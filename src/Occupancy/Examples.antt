-- ===== src/Occupancy/Examples.antt =====
-- Five detections, one of them off.
use forge_key.Prelude.{[], ◌∷◌}
use forge_key.Occupancy.Counter.{calculate_stable_count}
use forge_key.Occupancy.Mode.{IsMode, calculate_stable_count-IsMode}

calculate_stable_count-IsMode_example :
    IsMode (2 ∷ 2 ∷ 3 ∷ 9 ∷ 3 ∷ []) (calculate_stable_count (2 ∷ 2 ∷ 3 ∷ 9 ∷ 3 ∷ []))
calculate_stable_count-IsMode_example = calculate_stable_count-IsMode (2 ∷ 2 ∷ 3 ∷ 9 ∷ 3 ∷ [])
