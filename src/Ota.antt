-- ===== src/Ota.antt =====
-- Updates over the air (src/ota/ota_updater.cpp).
pub mod Strings
pub mod Version
pub mod Rollout
pub mod Spec
pub mod Policy
pub mod Allowed
pub mod Url
pub mod Printed
pub mod Digest
pub mod Download
pub mod Rounds
pub mod Signature
pub mod Apply
pub mod Installed
pub mod Tally
pub mod Failure
pub mod Stable
pub mod Examples
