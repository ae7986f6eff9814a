-- ===== src/Ota/Stable.antt =====
-- `markStableIfPending`: the first report after an update.
use forge_key.Prelude.{Bool, true, false, not, Option, none, some, List, [], ◌∷◌, if◌then◌else◌}

-- esp_ota_get_state_partition: whether the image waits for its verification, `none` where the
-- query fails.
pub record Partition : Type 0 where
  pub pending_verify : Option Bool
  pub marks_valid : Bool  -- esp_ota_mark_app_valid_cancel_rollback() == ESP_OK

-- What was called: the mark, and the notice that the running version is applied.
pub data Step : Type 0 where
  mark_valid notify_applied : Step

-- `stableMarked` after the call; `running` is esp_ota_get_running_partition.
unfoldable pub mark_stable_if_pending : Option Partition → Bool → Bool × List Step
mark_stable_if_pending running stable_marked = if stable_marked then (true, []) else elim running [
  | none ↦ (false, [])
  | some partition ↦ elim partition.pending_verify [
    | none ↦ (false, [])
    | some pending ↦
        if not pending
        then (true, [])
        else if partition.marks_valid
        then (true, mark_valid ∷ notify_applied ∷ [])
        else (true, mark_valid ∷ [])
  ]
]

======

### What you need to do
Nothing but the lines from the one with "if not pending" to the last line of the data should appear in the answer, each exactly as it stands.

### Written answer
        if not pending
        then (true, [])
        else if partition.marks_valid
        then (true, mark_valid ∷ notify_applied ∷ [])
        else (true, mark_valid ∷ [])
  ]
]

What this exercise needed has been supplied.